The Rise of Open-Source AI

The release of DeepSeek-R1, a powerful open-source large language model (LLM) from China, earlier this year lacked the usual fanfare—no press tours, no flashy demonstrations, and no keynote speeches. Instead, it offered open weights and open science, allowing anyone with the necessary skills and resources to run, replicate, or adapt the model. This openness led to a swift response from researchers and developers, resulting in DeepSeek becoming the most-liked model on Hugging Face within days, spawning thousands of variants utilized by major tech companies, research labs, and startups. Notably, this surge of adoption was not limited to international users; American developers began building on these Chinese foundations.

The Impact on the U.S. Market

In just a week, the U.S. Stock market reacted negatively to this development. DeepSeek was merely the beginning; numerous Chinese research groups are now advancing the boundaries of open-source AI, sharing not only powerful models but also the accompanying data, code, and scientific methodologies. They are progressing rapidly and transparently. In contrast, many U.S.-based companies, once pioneers of the modern AI revolution, are increasingly restricting access to their flagship models like GPT-4, Claude, and Gemini. These models are now primarily accessible through chatbots or APIs, which allow interaction but do not provide insight into their inner workings, retraining capabilities, or free usage. The proprietary nature of these models is tightly controlled by a handful of tech giants.

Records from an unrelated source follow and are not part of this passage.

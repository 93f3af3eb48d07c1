-- ===== src/Device/Chip/Screen.antt =====
-- The bits that switch the screen on and off.
use lenovo_magicbay_hud_linu.Base.{
  ℕ, ◌<◌, ◌≡◌, ◌∙◌, refl, Bool, true, false, not, ◌&&◌, bit_and, bit_or, ◌==◌, ==_iff,
  if◌then◌else◌, arith,
}
use lenovo_magicbay_hud_linu.Base.Tables.{passes_under, passes_under_at}
use lenovo_magicbay_hud_linu.Device.Xdata.{not_u8}
use lenovo_magicbay_hud_linu.Device.Chip.{Switch, screen_switch, switch_byte, sets_bits}

abbrev written : Bool → ℕ → ℕ → ℕ
written sets mask x = if sets then bit_or x mask else bit_and x (not_u8 mask)

-- What the switch does to the bits of its mask, and to the others.
abbrev Switched : Bool → ℕ → ℕ → ℕ → Type 0
Switched sets mask x y =
    (bit_and y (not_u8 mask) ≡ bit_and x (not_u8 mask))
    × (bit_and y mask ≡ (if sets then mask else 0))

abbrev switched : Bool → ℕ → ℕ → Bool
switched sets mask x =
    bit_and (written sets mask x) (not_u8 mask) == bit_and x (not_u8 mask)
    && bit_and (written sets mask x) mask == (if sets then mask else 0)

table_1 : (sets : Bool) → passes_under (switched sets 0x1) 256 ≡ true
unfolding passes_under
table_1 true = refl
table_1 false = refl

table_2 : (sets : Bool) → passes_under (switched sets 0x2) 256 ≡ true
unfolding passes_under
table_2 true = refl
table_2 false = refl

table_16 : (sets : Bool) → passes_under (switched sets 0x10) 256 ≡ true
unfolding passes_under
table_16 true = refl
table_16 false = refl

table_128 : (sets : Bool) → passes_under (switched sets 0x80) 256 ≡ true
unfolding passes_under
table_128 true = refl
table_128 false = refl

&&-split : (a b : Bool) → (a && b) ≡ true → (a ≡ true) × (b ≡ true)
&&-split a b h = (ground (arith, h), ground (arith, h))

if-choice : (P : Switch → Type 0) (b : Bool) (s t : Switch) → P s → P t → P (if b then s else t)
if-choice P true s t p q = p
if-choice P false s t p q = q

Switched-table :
    (sets : Bool) (mask x : ℕ)
    → passes_under (switched sets mask) 256 ≡ true
    → x < 256
    → Switched sets mask x (written sets mask x)
Switched-table sets mask x t lt =
    let (p, q) = &&-split _ _ (passes_under_at (switched sets mask) 256 x lt t) in
    ((==_iff _ _).0 p, (==_iff _ _).0 q)

screen_switch-table :
    (chip_id port_type on : ℕ)
    → let s = screen_switch chip_id port_type in
      passes_under (switched (sets_bits on s.is_clear) s.mask) 256 ≡ true
unfolding screen_switch
screen_switch-table chip_id port_type on =
    let P : Switch → Type 0 =
      λ s. passes_under (switched (sets_bits on s.is_clear) s.mask) 256 ≡ true in
    let off = not (on == 0) in
    if-choice P (chip_id == 0) _ _
      (if-choice P (port_type == 5) _ _ (table_2 (on == 0)) (table_1 off))
      (if-choice P (port_type == 5) _ _ (table_2 (on == 0)) (
        if-choice P (port_type == 2) _ _ (table_128 off) (
          if-choice P (port_type == 3) _ _ (table_1 off)
            (if-choice P (port_type == 6) _ _ (table_16 off) (table_2 off)))))

-- For every chip and port, the screen switch sets or clears the bits of its mask in a byte as it
-- is asked to, and keeps the others.
switch_byte-Switched :
    (chip_id port_type on x : ℕ)
    → x < 256
    → let s = screen_switch chip_id port_type in
      Switched (sets_bits on s.is_clear) s.mask x (switch_byte s on x)
switch_byte-Switched chip_id port_type on x lt =
    Switched-table (sets_bits on (screen_switch chip_id port_type).is_clear)
      (screen_switch chip_id port_type).mask x (screen_switch-table chip_id port_type on) lt

-- Asked for 0, the switch leaves its bits set where they darken the screen, and clear elsewhere.
pub switch_byte-dark :
    (chip_id port_type x : ℕ)
    → x < 256
    → let s = screen_switch chip_id port_type in
      bit_and (switch_byte s 0 x) s.mask ≡ (if s.is_clear then s.mask else 0)
switch_byte-dark chip_id port_type x lt =
    let s = screen_switch chip_id port_type in
    (switch_byte-Switched chip_id port_type 0 x lt).1 ∙ dark s.is_clear s.mask
  where
    dark : (b : Bool) (m : ℕ) → (if sets_bits 0 b then m else 0) ≡ (if b then m else 0)
    dark true m = refl
    dark false m = refl
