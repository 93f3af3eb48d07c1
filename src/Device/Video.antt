-- ===== src/Device/Video.antt =====
-- The video commands, `struct ms9132_hid_video` reports of usb_hal/usb_device.c.
use lenovo_magicbay_hud_linu.Base.{
  ℕ, List, [], ◌∷◌, Option, none, some, true, failed, fault, ◌==◌, ◌||◌, if◌then◌else◌,
}
use lenovo_magicbay_hud_linu.Device.{M, pure, throw, ◌>>=◌, hid_report}
use lenovo_magicbay_hud_linu.Device.Xdata.{addr_hi, addr_lo}

-- A video report: operation 0xA6, the sub-operation and six bytes.
abbrev pub video_report : ℕ → ℕ → ℕ → ℕ → ℕ → ℕ → ℕ → List ℕ
video_report sub_op a b c d e f = 0xA6 ∷ sub_op ∷ a ∷ b ∷ c ∷ d ∷ e ∷ f ∷ []

abbrev pub send : List ℕ → M (Unit {0})
send report = do _ ← hid_report true report; pure tt

unfoldable pub set_video_in_info : ℕ → ℕ → ℕ → ℕ → M (Unit {0})
unfolding hid_report
set_video_in_info width height color byte_sel = send (
    video_report 0x01 (addr_hi width) (addr_lo width) (addr_hi height) (addr_lo height) color
      byte_sel)

unfoldable pub set_video_out_info : ℕ → ℕ → ℕ → ℕ → M (Unit {0})
unfolding hid_report
set_video_out_info index color width height = send (
    video_report 0x02 index color (addr_hi width) (addr_lo width) (addr_hi height) (addr_lo height))

unfoldable trigger_frame : ℕ → ℕ → M (Unit {0})
unfolding hid_report
trigger_frame index delay = send (video_report 0x00 index delay 0 0 0 0)

-- `param` is read only in the two fixed-block modes; `none` is NULL, which these read through.
unfoldable pub set_trans_mode : ℕ → Option (ℕ → ℕ) → M (Unit {0})
unfolding hid_report
set_trans_mode mode param =
    if mode == 0 || (mode == 3 || (mode == 4 || mode == 5))
    then send (video_report 0x03 mode 0 0 0 0 0)
    else if mode == 1
    then elim param [
      | none ↦ throw fault
      | some p ↦ send (video_report 0x03 mode (p 0) (p 1) 0 0 0)
    ]
    else if mode == 2
    then elim param [
      | none ↦ throw fault
      | some p ↦ send (video_report 0x03 mode (p 0) (p 1) (p 2) (p 3) 0)
    ]
    else throw failed

unfoldable pub set_trans_enable : ℕ → M (Unit {0})
unfolding hid_report
set_trans_enable enable = send (video_report 0x04 enable 0 0 0 0 0)

unfoldable pub set_video_enable : ℕ → M (Unit {0})
unfolding hid_report
set_video_enable enable = send (video_report 0x05 enable 0 0 0 0 0)

unfoldable pub set_power_enable : ℕ → M (Unit {0})
unfolding hid_report
set_power_enable enable = send (video_report 0x07 enable 2 0 0 0 0)
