-- ===== src/Device/Events.antt =====
-- `ms9132_event_proc` of usb_hal/usb_device.c: what the chip is told when the display is switched on
-- and off. The pauses (`msleep`) and the log are left out.
pub mod Enabling
pub mod Order
use lenovo_magicbay_hud_linu.Base.{ℕ, none, Errno, failed, ok, fail}
use lenovo_magicbay_hud_linu.Device.{Usb, M, pure, throw, ignore, ◌>>=◌, ◌>>◌}
use lenovo_magicbay_hud_linu.Device.Video.{
  set_trans_enable, set_video_enable, set_power_enable, set_trans_mode, set_video_in_info,
  set_video_out_info,
}
use lenovo_magicbay_hud_linu.Device.Chip.{set_screen_enable}

-- `event->para.enable`, usb_hal/usb_hal_event.h
pub record EnableInfo : Type 0 where
  pub color_in : ℕ
  pub color_out : ℕ
  pub vic : ℕ
  pub trans_mode : ℕ
  pub width : ℕ
  pub height : ℕ

-- `struct usb_hal_event`, by `base.type`
pub data Event : Type 0 where
  enable : EnableInfo → Event
  disable : Event
  update : ℕ → Event

-- `if (rtn) return -1;`
abbrev pub or_failed {ℓ} : {A : Type ℓ} → M A → M A
or_failed m u = elim (m u).0 [ ok a ↦ (ok a, (m u).1) | fail e ↦ (fail failed, (m u).1) ]

-- The result of `ms9132_set_power_enable` is not stored, so that the test after it looks at the
-- result of `ms9132_set_screen_enable` again, which is 0 there.
unfoldable pub event_enable : EnableInfo → ℕ → ℕ → M (Unit {0})
event_enable info chip_id port_type = do
  or_failed (set_trans_enable 0)
  or_failed (set_video_enable 0)
  or_failed (set_screen_enable 0 chip_id port_type)
  ignore (set_power_enable 1)
  or_failed (set_trans_mode info.trans_mode none)
  or_failed (set_video_in_info info.width info.height info.color_in 0)
  or_failed (set_video_out_info info.vic info.color_out info.width info.height)
  or_failed (set_trans_enable 1)
  or_failed (set_video_enable 0)
  or_failed (set_screen_enable 0 chip_id port_type)

unfoldable pub event_disable : ℕ → ℕ → M (Unit {0})
event_disable chip_id port_type = do
  ignore (set_trans_enable 0)
  ignore (set_video_enable 0)
  ignore (set_screen_enable 0 chip_id port_type)
  ignore (set_power_enable 0)

unfoldable pub event_proc : Event → ℕ → ℕ → M (Unit {0})
event_proc (enable info) chip_id port_type = event_enable info chip_id port_type
event_proc disable chip_id port_type = event_disable chip_id port_type
event_proc (update len) chip_id port_type = throw failed
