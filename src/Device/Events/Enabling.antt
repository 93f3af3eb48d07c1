-- ===== src/Device/Events/Enabling.antt =====
-- What the chip hears when the display is switched on.
use mathlib.Core.Path.{subst}
use lenovo_magicbay_hud_linu.Base.{
  ℕ, ◌/◌, ◌%◌, ◌^◌, ◌<◌, List, [], ◌∷◌, ◌≡◌, ◌∙◌, refl, ap, ap₂, sym, get_or, ok, take, drop, ◌==◌,
  bit_and, if◌then◌else◌, arith,
}
use lenovo_magicbay_hud_linu.Device.{Usb, Request, answer, hid_report}
use lenovo_magicbay_hud_linu.Device.Xdata.{xdata_read_byte, xdata_write_byte, addr_hi, addr_lo}
use lenovo_magicbay_hud_linu.Device.Video.{
  set_trans_enable, set_video_enable, set_power_enable, set_trans_mode, set_video_in_info,
  set_video_out_info,
}
use lenovo_magicbay_hud_linu.Device.Chip.{set_screen_enable, screen_switch, switch_byte}
use lenovo_magicbay_hud_linu.Device.Chip.Screen.{switch_byte-dark}
use lenovo_magicbay_hud_linu.Device.Events.{EnableInfo, enable, event_enable, event_proc}

-- A bus on which no transfer fails: each report is answered by these bytes.
abbrev pub obliging : (ℕ → List Request → Request → List ℕ) → Usb
obliging bytes = record { reply = λ n h r. answer (bytes n h r); calls = 0; sent = [] }

-- What the chip is told, latest first: each report that is no read, whole.
abbrev pub told : List Request → List (List ℕ)
told [] = []
told (r ∷ rs) =
    if get_or r.report 0 0 == 0xB5
    then told rs
    else if r.is_set
    then r.report ∷ told rs
    else told rs

-- A write to the register of the screen switch.
abbrev screen_write : ℕ → ℕ → ℕ → List ℕ
screen_write chip_id port_type byte =
    let s = screen_switch chip_id port_type in
    0xB6 ∷ addr_hi s.addr ∷ addr_lo s.addr ∷ byte ∷ 0 ∷ 0 ∷ 0 ∷ 0 ∷ []

-- A byte in the register of the screen switch that darkens the screen: the mute bit of HDMI set,
-- or the output bit of another port clear.
abbrev pub IsDark : ℕ → ℕ → ℕ → Type 0
IsDark chip_id port_type byte =
    let s = screen_switch chip_id port_type in
    bit_and byte s.mask ≡ (if s.is_clear then s.mask else 0)

-- The reports, latest first, with the bytes of the width and the height and the bytes that are
-- written to the screen switch.
abbrev reports : EnableInfo → ℕ → ℕ → ℕ → ℕ → ℕ → ℕ → ℕ → ℕ → List (List ℕ)
reports info chip_id port_type first last w_hi w_lo h_hi h_lo =
    screen_write chip_id port_type last
    ∷ (0xA6 ∷ 0x05 ∷ 0 ∷ 0 ∷ 0 ∷ 0 ∷ 0 ∷ 0 ∷ [])
    ∷ (0xA6 ∷ 0x04 ∷ 1 ∷ 0 ∷ 0 ∷ 0 ∷ 0 ∷ 0 ∷ [])
    ∷ (0xA6 ∷ 0x02 ∷ info.vic ∷ info.color_out ∷ w_hi ∷ w_lo ∷ h_hi ∷ h_lo ∷ [])
    ∷ (0xA6 ∷ 0x01 ∷ w_hi ∷ w_lo ∷ h_hi ∷ h_lo ∷ info.color_in ∷ 0 ∷ [])
    ∷ (0xA6 ∷ 0x03 ∷ info.trans_mode ∷ 0 ∷ 0 ∷ 0 ∷ 0 ∷ 0 ∷ [])
    ∷ (0xA6 ∷ 0x07 ∷ 1 ∷ 2 ∷ 0 ∷ 0 ∷ 0 ∷ 0 ∷ [])
    ∷ screen_write chip_id port_type first
    ∷ (0xA6 ∷ 0x05 ∷ 0 ∷ 0 ∷ 0 ∷ 0 ∷ 0 ∷ 0 ∷ [])
    ∷ (0xA6 ∷ 0x04 ∷ 0 ∷ 0 ∷ 0 ∷ 0 ∷ 0 ∷ 0 ∷ [])
    ∷ []

-- The two bytes of a width or a height are its high and its low one.
abbrev pub switched_on : EnableInfo → ℕ → ℕ → ℕ → ℕ → List (List ℕ)
switched_on info chip_id port_type first last =
    reports info chip_id port_type first last (info.width / 2 ^ 8 % 2 ^ 8) (info.width % 2 ^ 8)
      (info.height / 2 ^ 8 % 2 ^ 8) (info.height % 2 ^ 8)

-- The chip's answers have bytes in the place of the data.
abbrev pub AnswersBytes : (ℕ → List Request → Request → List ℕ) → Type 0
AnswersBytes bytes = (n : ℕ) (h : List Request) (r : Request) → get_or (bytes n h r) 3 0 < 256

read_byte : (l : List ℕ) → get_or (take 1 (drop 3 l)) 0 0 ≡ get_or l 3 0
read_byte [] = refl
read_byte (a ∷ []) = refl
read_byte (a ∷ b ∷ []) = refl
read_byte (a ∷ b ∷ c ∷ []) = refl
read_byte (a ∷ b ∷ c ∷ d ∷ l) = refl

-- The byte that the darkening writes, by the answer to the read before it.
abbrev dark_byte : ℕ → ℕ → List ℕ → ℕ
dark_byte chip_id port_type l =
    switch_byte (screen_switch chip_id port_type) 0 (get_or (take 1 (drop 3 l)) 0 0)

dark_byte-IsDark :
    (chip_id port_type : ℕ) (l : List ℕ)
    → get_or l 3 0 < 256
    → IsDark chip_id port_type (dark_byte chip_id port_type l)
dark_byte-IsDark chip_id port_type l lt =
    switch_byte-dark chip_id port_type _ (subst (λ (n : ℕ). n < 256) (sym (read_byte l)) lt)

high_byte : (n : ℕ) → addr_hi n ≡ n / 2 ^ 8 % 2 ^ 8
high_byte n = omega arith

-- The reports by what the chip answers when the register of the screen switch is read.
enable-reports :
    (bytes : ℕ → List Request → Request → List ℕ)
    (color_in color_out vic width height chip_id port_type : ℕ)
    → AnswersBytes bytes
    → let info : EnableInfo = record {
      color_in = color_in;
      color_out = color_out;
      vic = vic;
      trans_mode = 3;
      width = width;
      height = height;
    } in
      let r = event_proc (enable info) chip_id port_type (obliging bytes) in
      (r.0 ≡ ok tt)
      × ((l : List ℕ) × (l' : List ℕ) × (get_or l 3 0 < 256)
          × (get_or l' 3 0 < 256)
          × (told (r.1.sent)
              ≡ reports info chip_id port_type
                  (dark_byte chip_id port_type l)
                  (dark_byte chip_id port_type l')
                  (addr_hi width)
                  (addr_lo width)
                  (addr_hi height)
                  (addr_lo height)))
unfolding event_proc event_enable set_screen_enable xdata_read_byte xdata_write_byte hid_report
    set_trans_enable set_video_enable set_power_enable set_trans_mode set_video_in_info
    set_video_out_info
enable-reports bytes color_in color_out vic width height chip_id port_type answers =
    (refl, (bytes _ _ _, bytes _ _ _, answers _ _ _, answers _ _ _, refl))

-- On a bus that fails no transfer and answers with bytes, switching on in the block mode returns
-- 0, and the chip gets these reports, with every byte as written, in this order: stop the
-- transfer, stop the pictures, darken the screen, switch the power on, set the mode of the
-- transfer, the size and the colours of the input, the VIC, the colours and the size of the
-- output, start the transfer, stop the pictures and darken the screen.
pub event_enable_order :
    (bytes : ℕ → List Request → Request → List ℕ) (info : EnableInfo) (chip_id port_type : ℕ)
    → AnswersBytes bytes
    → info.trans_mode ≡ 3
    → let r = event_proc (enable info) chip_id port_type (obliging bytes) in
      (r.0 ≡ ok tt)
      × ((first : ℕ) × (last : ℕ) × IsDark chip_id port_type first
          × IsDark chip_id port_type last
          × (told (r.1.sent) ≡ switched_on info chip_id port_type first last))
event_enable_order bytes info chip_id port_type answers e =
    subst
      (λ (i : EnableInfo).
        let r = event_proc (enable i) chip_id port_type (obliging bytes) in
        (r.0 ≡ ok tt)
        × ((first : ℕ) × (last : ℕ) × IsDark chip_id port_type first
            × IsDark chip_id port_type last
            × (told (r.1.sent) ≡ switched_on i chip_id port_type first last)))
      (ap (λ (t : ℕ). record info { trans_mode = t }) (sym e))
      (let (code, (l, l', lt, lt', sent)) =
          enable-reports bytes info.color_in info.color_out info.vic info.width info.height chip_id
            port_type answers in
        (
          code,
          (
            dark_byte chip_id port_type l,
            dark_byte chip_id port_type l',
            dark_byte-IsDark chip_id port_type l lt,
            dark_byte-IsDark chip_id port_type l' lt',
            sent
                ∙ ap₂
                    (λ w h.
                      reports (record info { trans_mode = 3 }) chip_id port_type
                        (dark_byte chip_id port_type l) (dark_byte chip_id port_type l') w
                        (info.width % 2 ^ 8) h (info.height % 2 ^ 8))
                    (high_byte info.width) (high_byte info.height),
          ),
        ))
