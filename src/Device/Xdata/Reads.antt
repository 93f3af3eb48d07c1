-- ===== src/Device/Xdata/Reads.antt =====
-- The chunked read of `ms9132_read_xdata` against the memory of a chip that answers.
use lenovo_magicbay_hud_linu.Base.{
  ◌==◌, take, ℕ, zero, suc, ◌+◌, ◌-◌, ◌≤◌, ◌<◌, ◌≡◌, refl, true, false, List, [], ◌∷◌, ◌++◌, min,
  arith, u16, ok, inl, inr, Bool-cases,
}
use lenovo_magicbay_hud_linu.Device.{M, Usb, Request, Reply, answer, pure, ◌>>=◌}
use lenovo_magicbay_hud_linu.Device.Xdata.{
  read_report, addr_hi, addr_lo, read_xdata_once, read_xdata_loop, read_xdata,
}

abbrev pub set_of : List ℕ → Request
set_of bytes = record { is_set = true; report = bytes }

abbrev pub get_of : List ℕ → Request
get_of bytes = record { is_set = false; report = bytes }

-- A bus that fails no transfer, with a chip that answers a read request out of its memory.
pub record Serves (reply : ℕ → List Request → Request → Reply) (mem : ℕ → ℕ) : Type 0 where
  pub accepts :
      (n : ℕ) (h : List Request) (addr : ℕ)
      → reply n h (set_of (read_report addr)) ≡ answer (read_report addr)
  pub reads :
      (n : ℕ) (h : List Request) (addr : ℕ)
      → reply n (set_of (read_report addr) ∷ h) (get_of (read_report addr))
        ≡ answer (
            0xB5
            ∷ addr_hi addr
            ∷ addr_lo addr
            ∷ mem addr
            ∷ mem (addr + 1)
            ∷ mem (addr + 2)
            ∷ mem (addr + 3)
            ∷ 0
            ∷ [])

-- The `n` bytes of a memory from an address on.
abbrev pub bytes_of : (ℕ → ℕ) → ℕ → ℕ → List ℕ
bytes_of mem addr zero = []
bytes_of mem addr (suc n) = mem addr ∷ bytes_of mem (addr + 1) n

pub bytes_of-append :
    (mem : ℕ → ℕ) (addr n k : ℕ)
    → bytes_of mem addr (n + k) ≡ bytes_of mem addr n ++ bytes_of mem (addr + n) k
bytes_of-append mem addr zero k =
    let e : 0 + k ≡ k = omega arith in let f : addr + 0 ≡ addr = omega arith in rw (e, f)
bytes_of-append mem addr (suc n) k =
    let e : suc n + k ≡ suc (n + k) = omega arith in
    let f : addr + suc n ≡ addr + 1 + n = omega arith in
    rw (e, f, bytes_of-append mem (addr + 1) n k)

-- The data bytes of an answer are those of the memory, as many as are asked for.
take_data :
    (mem : ℕ → ℕ) (addr n : ℕ)
    → n ≤ 4
    → take n (mem addr ∷ mem (addr + 1) ∷ mem (addr + 2) ∷ mem (addr + 3) ∷ 0 ∷ [])
      ≡ bytes_of mem addr n
take_data mem addr zero h = refl
take_data mem addr (suc zero) h = refl
take_data mem addr (suc (suc zero)) h = refl
take_data mem addr (suc (suc (suc zero))) h = ground arith
take_data mem addr (suc (suc (suc (suc zero)))) h = ground arith
take_data mem addr (suc (suc (suc (suc (suc n))))) h = absurd (omega arith)

-- One transfer of at most four bytes.
read_xdata_once-Serves :
    (mem : ℕ → ℕ) (u : Usb) (addr n : ℕ)
    → Serves u.reply mem
    → n ≤ 4
    → read_xdata_once addr n u ≡ (
      ok (bytes_of mem addr n),
      record u {
        calls = suc (suc u.calls);
        sent = get_of (read_report addr) ∷ set_of (read_report addr) ∷ u.sent;
      },
    )
unfolding read_xdata_once
read_xdata_once-Serves mem u addr n s h = ground (
  arith,
  s.accepts u.calls u.sent addr,
  s.reads (suc u.calls) u.sent addr,
  take_data mem addr n h,
)

-- A first transfer and the rest of the loop, put together.
read_xdata_loop-join :
    (m k : M (List ℕ)) {u u1 : Usb} {part rest all : List ℕ}
    → m u ≡ (ok part, u1)
    → (k u1).0 ≡ ok rest
    → all ≡ part ++ rest
    → ((do p ← m; r ← k; pure (p ++ r)) u).0 ≡ ok all
read_xdata_loop-join m k p q e = ground (arith, p, q, e)

read_xdata_loop-Serves :
    (mem : ℕ → ℕ) (fuel : ℕ) (u : Usb) (addr offset cnt : ℕ)
    → Serves u.reply mem
    → cnt ≤ fuel
    → addr + offset + cnt ≤ 65536
    → offset + cnt < 65536
    → (read_xdata_loop fuel addr offset cnt u).0 ≡ ok (bytes_of mem (addr + offset) cnt)
unfolding read_xdata_loop
read_xdata_loop-Serves mem zero u addr offset cnt s enough fits small =
    let e : cnt ≡ 0 = omega arith in rw e
read_xdata_loop-Serves mem (suc fuel) u addr offset cnt s enough fits small =
    elim (Bool-cases (cnt == 0)) [
      | inl done ↦ let e : cnt ≡ 0 = ground arith in rw e
      | inr more ↦
          let n = min 4 cnt in
          let u1 : Usb = record u {
            calls = suc (suc u.calls);
            sent =
                get_of (read_report (addr + offset))
                ∷ set_of (read_report (addr + offset))
                ∷ u.sent;
          } in
          let a : u16 (addr + offset) ≡ addr + offset = ground arith in
          let b : u16 (offset + n) ≡ offset + n = ground arith in
          let c : n + (cnt - n) ≡ cnt = ground arith in
          let d : addr + (offset + n) ≡ addr + offset + n = omega arith in
          let one = read_xdata_once-Serves mem u (addr + offset) n s (omega arith) in
          let ih =
            read_xdata_loop-Serves mem fuel u1 addr (offset + n) (cnt - n) s (ground arith)
              (ground arith) (ground arith) in
          let join = bytes_of-append mem (addr + offset) n (cnt - n) in
          rw (a, b, more)
            (read_xdata_loop-join (read_xdata_once (addr + offset) n)
              (read_xdata_loop fuel addr (offset + n) (cnt - n)) one (rw d at ih) (rw c at join))
    ]

-- On a bus that fails no transfer, with a chip that answers out of its memory, `ms9132_read_xdata`
-- returns the bytes of the range in order, however many transfers of four bytes that takes, if the
-- range is not empty, has fewer than 0x10000 bytes and ends at 0x10000 or before.
pub read_xdata-Serves :
    (mem : ℕ → ℕ) (u : Usb) (addr cnt : ℕ)
    → Serves u.reply mem
    → 0 < cnt
    → cnt < 0x10000
    → addr + cnt ≤ 0x10000
    → (read_xdata addr cnt u).0 ≡ ok (bytes_of mem addr cnt)
unfolding read_xdata
read_xdata-Serves mem u addr cnt s pos small fits =
    let whole =
      read_xdata_loop-Serves mem cnt u addr 0 cnt s (omega arith) (omega arith) (omega arith) in
    let e : addr + 0 ≡ addr = omega arith in ground (arith, e, whole)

A Dramatic Shift in Leadership

This marks a significant turnaround; between 2016 and 2020, the U.S. Was the global leader in open-source AI. Research labs from Google, OpenAI, Stanford, and others released groundbreaking models and methods that laid the groundwork for contemporary AI. The transformer architecture, essential to ChatGPT, emerged from this open environment. Hugging Face was established during this time to democratize access to these technologies. Now, the U.S. Is losing its edge, with serious implications. American scientists, startups, and institutions are increasingly compelled to rely on Chinese open models because the best U.S. Alternatives are locked behind APIs. As new open models are developed abroad, companies like DeepSeek and Alibaba solidify their roles as foundational components of the global AI ecosystem.

The Risks of Proprietary Models

Furthermore, there is a deeper concern: every advancement in AI, including the most proprietary systems, is built upon open foundations. Proprietary models rely on open research, from transformer architecture to training libraries and evaluation frameworks. More critically, open-source fosters a nation’s ability to innovate rapidly. It promotes swift experimentation, lowers entry barriers, and generates cumulative innovation. When openness declines, the entire ecosystem suffers. If the U.S. Lags in open-source initiatives today, it risks falling behind in AI as a whole.

The Importance of Open Models

This situation is crucial not only for innovation but also for security, science, and democratic governance. Open models provide transparency and auditability, enabling governments, educators, healthcare institutions, and small businesses to tailor AI to their specific needs without being tethered to vendors or dependent on opaque systems. The U.S. Must develop more and better open-source models and artifacts. Institutions advocating for openness should build upon their successes. For instance, Meta’s open-weight Llama family has led to thousands of variations on Hugging Face, and the Allen Institute for AI continues to publish outstanding fully open models.